[Items from a data source]
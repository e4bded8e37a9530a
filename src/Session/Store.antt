-- ===== src/Session/Store.antt =====
-- internal/session/store.go: the store of sessions, one for each peer. `files` holds the journal
-- files, under the session directory, of the peers whose session is not loaded; a loaded session
-- owns its file (`Session.Data`). Files are named by `url.PathEscape(peerID)`, which is injective.
use koios.Prelude.{
  ℕ, ◌+◌, Bool, true, false, not, ◌&&◌, Option, none, some, List, [], ◌∷◌, map, nat_eqb,
  if◌then◌else◌, nat_eq, length, keep, Dict, lookup, insert, delete, Text, text_eq, is_empty,
}
use koios.Types.{Message}
use koios.Redact
use koios.Session.Data.{Reader, Session, Line, load_from_file, reset}
use koios.Session.Compaction.{
  Answers, CompactionReport, CompactionStatus, prepare_compaction, execute_compaction,
  build_compaction_status, estimate_request_tokens,
}
use koios.Session.Append.{Limits, append_to_session}
use koios.Session.Lifecycle.{Cutover, Lifetimes, apply_lifecycle}

pub record File : Type 0 where
  pub lines : List Line
  pub mod_time : ℕ

-- `AppendEvent`
pub record AppendEvent : Type 0 where
  pub peer_id : Text
  pub source : Text
  pub messages : List Message

-- Subscribers are known by their number; `Subscribe`'s callbacks are outside the model.
pub record Store : Type 0 where
  pub peers : Dict Text Session
  pub limits : Limits
  pub lifetimes : Lifetimes
  pub has_dir : Bool
  pub files : Dict Text File
  pub retention : ℕ
  pub max_entries : ℕ
  pub subscribers : Dict Text (List ℕ)
  pub next_sub_id : ℕ

-- What the environment brings to one call: the functions that the code calls in other packages,
-- whether the file system accepts a write, and the time.
pub record Env : Type 0 where
  pub scrub : Text → Text
  pub reload : Reader
  pub request_bytes : List Message → ℕ
  pub cutover : Cutover
  pub accepted : Bool
  pub answers : Answers
  pub now : ℕ

unfoldable pub fresh_session : Reader → Bool → Option File → Session
unfolding load_from_file
fresh_session reload has_dir (some f) = load_from_file reload f.lines f.mod_time
fresh_session reload has_dir none = record {
  messages = [];
  persisted = has_dir;
  journal = [];
  last_activity = 0;
}

-- `&Session{}`, and with a session directory the path and content of its file.
unfoldable pub open_session : Reader → Text → Store → Session
unfolding fresh_session
open_session reload peer st =
    if st.has_dir
    then fresh_session reload true (lookup peer st.files)
    else fresh_session reload false none

unfoldable pub put : Text → Session → Store → Store
put peer s st = record st { peers = insert peer s st.peers; files = delete peer st.files }

unfoldable pub get_or_load : Reader → Text → Store → Store × Session
get_or_load reload peer st = elim (lookup peer st.peers) [
  | some s ↦ (st, s)
  | none ↦ let s = open_session reload peer st in (put peer s st, s)
]

unfoldable pub get : Env → Text → Store → Store × Session
get env peer st =
    let (st', s) = get_or_load env.reload peer st in
    let s' = (apply_lifecycle env.cutover env.accepted st'.lifetimes env.now s).0 in
    (put peer s' st', s')

-- `notifyAppend`: the subscribers that are called, each with the event.
unfoldable pub notify_append : AppendEvent → Store → List (ℕ × AppendEvent)
notify_append ev st = elim (lookup ev.peer_id st.subscribers) [
  | some ids ↦ map (λ i. (i, ev)) ids
  | none ↦ []
]

-- `AppendCtxWithSource`; `Append`, `AppendCtx` and `AppendWithSource` only fill in arguments.
unfoldable pub append_ctx_with_source :
    Env → Text → Text → List Message → Store → Store × List (ℕ × AppendEvent)
append_ctx_with_source env peer source ms st =
    if is_empty ms
    then (st, [])
    else let redacted = Redact.messages env.scrub ms in
      let (st', s) = get env peer st in
      let s' =
        append_to_session env.request_bytes env.accepted st'.limits env.answers env.now redacted
          s in
      let st'' = put peer s' st' in
      (st'', notify_append (record { peer_id = peer; source = source; messages = redacted }) st'')

-- `Store.Reset`
unfoldable pub reset_peer : Bool → ℕ → Text → Store → Store
reset_peer accepted now peer st = elim (lookup peer st.peers) [
  | some s ↦ put peer (reset accepted now s) st
  | none ↦ st
]

-- `deleteSession`: the new store, and whether something is reported deleted. A file that cannot be
-- removed stays.
unfoldable pub delete_session : Bool → Text → Store → Store × Bool
delete_session accepted peer st = elim (lookup peer st.peers) [
  | some s ↦
      let unloaded = record st { peers = delete peer st.peers } in
      if s.persisted && not accepted
      then (
        record unloaded {
          files = insert peer (record { lines = s.journal; mod_time = s.last_activity }) st.files;
        },
        false,
      )
      else (unloaded, true)
  | none ↦
      if st.has_dir
      then (if accepted then (record st { files = delete peer st.files }, true) else (st, false))
      else (st, false)
]

-- `CompactNow`, with no other goroutine between.
unfoldable pub compact_now : Env → Text → Store → Store × Option CompactionReport
compact_now env peer st =
    let (st', s) = get env peer st in
    let l = st'.limits in
    elim (prepare_compaction env.request_bytes l.compact_reserve l.has_compactor l.has_flusher s) [
      | none ↦ (st', none)
      | some a ↦
          let (s', r) = execute_compaction env.accepted env.answers a s in (put peer s' st', some r)
    ]

-- `Store.CompactionStatus`
unfoldable pub compaction_status : Env → Text → Store → Store × CompactionStatus
compaction_status env peer st =
    let (st', s) = get env peer st in
    let l = st'.limits in
    (
      st',
      build_compaction_status (length s.messages)
          (estimate_request_tokens env.request_bytes s.messages) l.compact_reserve l.has_compactor
          l.has_flusher,
    )

unfoldable pub subscribe : Text → Store → Store × ℕ
subscribe peer st =
    let id = st.next_sub_id + 1 in
    let ids : List ℕ = elim (lookup peer st.subscribers) [ some l ↦ l | none ↦ [] ] in
    (record st { next_sub_id = id; subscribers = insert peer (id ∷ ids) st.subscribers }, id)

-- The function that `Subscribe` returns.
unfoldable pub unsubscribe : Text → ℕ → Store → Store
unsubscribe peer id st = elim (lookup peer st.subscribers) [
  | none ↦ st
  | some ids ↦
      let rest = keep (λ i. not (nat_eqb i id)) ids in
      record st {
        subscribers =
            if is_empty rest then delete peer st.subscribers else insert peer rest st.subscribers;
      }
]
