-- ===== src/Session/Maintain.antt =====
-- internal/session/store.go: the maintenance of all sessions (`Maintain`). The order in which Go
-- visits a map, and in which `sort.Slice` leaves sessions of equal activity, is that of the lists.
use koios.Prelude.{
  ℕ, suc, ◌+◌, ◌-◌, Bool, true, false, not, ◌&&◌, ◌||◌, none, some, List, [], ◌∷◌, ◌++◌, ltb, leb,
  nat_eqb, if◌then◌else◌, nat_eq, length, take, keep, Dict, lookup, Text, text_eq,
}
use koios.Session.Data.{Reader, Session}
use koios.Session.Lifecycle.{Lifetimes, Action, nothing, idle, idle_prune, daily, apply_lifecycle}
use koios.Session.Store.{Store, File, Env, get_or_load, delete_session}

pub record SessionRecord : Type 0 where
  pub peer_id : Text
  pub last_activity : ℕ

pub record MaintenanceReport : Type 0 where
  pub deleted_expired : ℕ
  pub deleted_evicted : ℕ
  pub idle_resets : ℕ
  pub idle_prunes : ℕ
  pub daily_resets : ℕ

unfoldable pub record_of : ℕ → Text → Session → SessionRecord
record_of now p s = record {
  peer_id = p;
  last_activity = if nat_eqb s.last_activity 0 then now else s.last_activity;
}

unfoldable pub loaded_records : ℕ → Dict Text Session → List SessionRecord
loaded_records now [] = []
loaded_records now ((p, s) ∷ m) = record_of now p s ∷ loaded_records now m

-- The files of peers that are not loaded.
unfoldable pub file_records : Dict Text Session → Dict Text File → List SessionRecord
file_records peers [] = []
file_records peers ((p, f) ∷ m) =
    let rest = file_records peers m in
    elim (lookup p peers) [
      | some s ↦ rest
      | none ↦ record { peer_id = p; last_activity = f.mod_time } ∷ rest
    ]

unfoldable pub session_records : ℕ → Store → List SessionRecord
session_records now st =
    loaded_records now st.peers ++ (if st.has_dir then file_records st.peers st.files else [])

unfoldable pub maintenance_enabled : Store → Bool
maintenance_enabled st =
    ltb 0 st.retention
    || ltb 0 st.max_entries
    || ltb 0 st.lifetimes.idle_reset_after
    || (ltb 0 st.lifetimes.idle_prune_after && ltb 0 st.lifetimes.idle_prune_keep)
    || elim st.lifetimes.daily_reset_mins [ some m ↦ true | none ↦ false ]

unfoldable pub lifecycle_enabled : Lifetimes → Bool
lifecycle_enabled lt =
    ltb 0 lt.idle_reset_after
    || (ltb 0 lt.idle_prune_after && ltb 0 lt.idle_prune_keep)
    || elim lt.daily_reset_mins [ some m ↦ true | none ↦ false ]

unfoldable pub load_all : Reader → List SessionRecord → Store → Store
load_all reload [] st = st
load_all reload (r ∷ rs) st = load_all reload rs (get_or_load reload r.peer_id st).0

unfoldable pub count_action : Action → MaintenanceReport → MaintenanceReport
count_action nothing r = r
count_action idle r = record r { idle_resets = r.idle_resets + 1 }
count_action idle_prune r = record r { idle_prunes = r.idle_prunes + 1 }
count_action daily r = record r { daily_resets = r.daily_resets + 1 }

-- The loop over the loaded sessions.
unfoldable pub apply_lifecycles :
    Env → Lifetimes → Dict Text Session → MaintenanceReport → Dict Text Session × MaintenanceReport
apply_lifecycles env lt [] report = ([], report)
apply_lifecycles env lt ((p, s) ∷ m) report =
    let (s', act) = apply_lifecycle env.cutover env.accepted lt env.now s in
    let (m', report') = apply_lifecycles env lt m (count_action act report) in
    ((p, s') ∷ m', report')

unfoldable pub delete_all : Bool → List SessionRecord → Store → Store × ℕ
delete_all accepted [] st = (st, 0)
delete_all accepted (r ∷ rs) st =
    let (st', deleted) = delete_session accepted r.peer_id st in
    let (st'', n) = delete_all accepted rs st' in (st'', if deleted then suc n else n)

unfoldable pub is_expired : ℕ → ℕ → SessionRecord → Bool
is_expired now retention r =
    not (nat_eqb r.last_activity 0) && leb retention (now - r.last_activity)

unfoldable pub delete_expired : Env → MaintenanceReport → Store → Store × MaintenanceReport
delete_expired env report st =
    if ltb 0 st.retention
    then (let (st', n) =
          delete_all env.accepted
            (keep (is_expired env.now st.retention) (session_records env.now st)) st in
        (st', record report { deleted_expired = n }))
    else (st, report)

unfoldable pub insert_by_activity : SessionRecord → List SessionRecord → List SessionRecord
insert_by_activity r [] = r ∷ []
insert_by_activity r (x ∷ xs) =
    if leb r.last_activity x.last_activity then r ∷ x ∷ xs else x ∷ insert_by_activity r xs

unfoldable pub sort_by_activity : List SessionRecord → List SessionRecord
sort_by_activity [] = []
sort_by_activity (r ∷ rs) = insert_by_activity r (sort_by_activity rs)

unfoldable pub evict_oldest : Env → MaintenanceReport → Store → Store × MaintenanceReport
evict_oldest env report st =
    let records = session_records env.now st in
    if ltb 0 st.max_entries && ltb st.max_entries (length records)
    then (let (st', n) =
          delete_all env.accepted
            (take (length records - st.max_entries) (sort_by_activity records)) st in
        (st', record report { deleted_evicted = n }))
    else (st, report)

unfoldable pub maintain : Env → Store → Store × MaintenanceReport
maintain env st =
    let st1 =
      if lifecycle_enabled st.lifetimes
      then load_all env.reload (session_records env.now st) st
      else st in
    let zero_report : MaintenanceReport = record {
      deleted_expired = 0;
      deleted_evicted = 0;
      idle_resets = 0;
      idle_prunes = 0;
      daily_resets = 0;
    } in
    let (peers, report) = apply_lifecycles env st1.lifetimes st1.peers zero_report in
    let (st2, report') = delete_expired env report (record st1 { peers = peers }) in
    evict_oldest env report' st2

AIM OF THE TASK ▸ The lines above from the one with "append_to_session env.request_bytes env.accepted" through the one with "let ids : List" are to be duplicated exactly, ends included, with nothing added.

EXERCISE ANSWER ▸
        append_to_session env.request_bytes env.accepted st'.limits env.answers env.now redacted
          s in
      let st'' = put peer s' st' in
      (st'', notify_append (record { peer_id = peer; source = source; messages = redacted }) st'')

-- `Store.Reset`
unfoldable pub reset_peer : Bool → ℕ → Text → Store → Store
reset_peer accepted now peer st = elim (lookup peer st.peers) [
  | some s ↦ put peer (reset accepted now s) st
  | none ↦ st
]

-- `deleteSession`: the new store, and whether something is reported deleted. A file that cannot be
-- removed stays.
unfoldable pub delete_session : Bool → Text → Store → Store × Bool
delete_session accepted peer st = elim (lookup peer st.peers) [
  | some s ↦
      let unloaded = record st { peers = delete peer st.peers } in
      if s.persisted && not accepted
      then (
        record unloaded {
          files = insert peer (record { lines = s.journal; mod_time = s.last_activity }) st.files;
        },
        false,
      )
      else (unloaded, true)
  | none ↦
      if st.has_dir
      then (if accepted then (record st { files = delete peer st.files }, true) else (st, false))
      else (st, false)
]

-- `CompactNow`, with no other goroutine between.
unfoldable pub compact_now : Env → Text → Store → Store × Option CompactionReport
compact_now env peer st =
    let (st', s) = get env peer st in
    let l = st'.limits in
    elim (prepare_compaction env.request_bytes l.compact_reserve l.has_compactor l.has_flusher s) [
      | none ↦ (st', none)
      | some a ↦
          let (s', r) = execute_compaction env.accepted env.answers a s in (put peer s' st', some r)
    ]

-- `Store.CompactionStatus`
unfoldable pub compaction_status : Env → Text → Store → Store × CompactionStatus
compaction_status env peer st =
    let (st', s) = get env peer st in
    let l = st'.limits in
    (
      st',
      build_compaction_status (length s.messages)
          (estimate_request_tokens env.request_bytes s.messages) l.compact_reserve l.has_compactor
          l.has_flusher,
    )

unfoldable pub subscribe : Text → Store → Store × ℕ
subscribe peer st =
    let id = st.next_sub_id + 1 in
    let ids : List ℕ = elim (lookup peer st.subscribers) [ some l ↦ l | none ↦ [] ] in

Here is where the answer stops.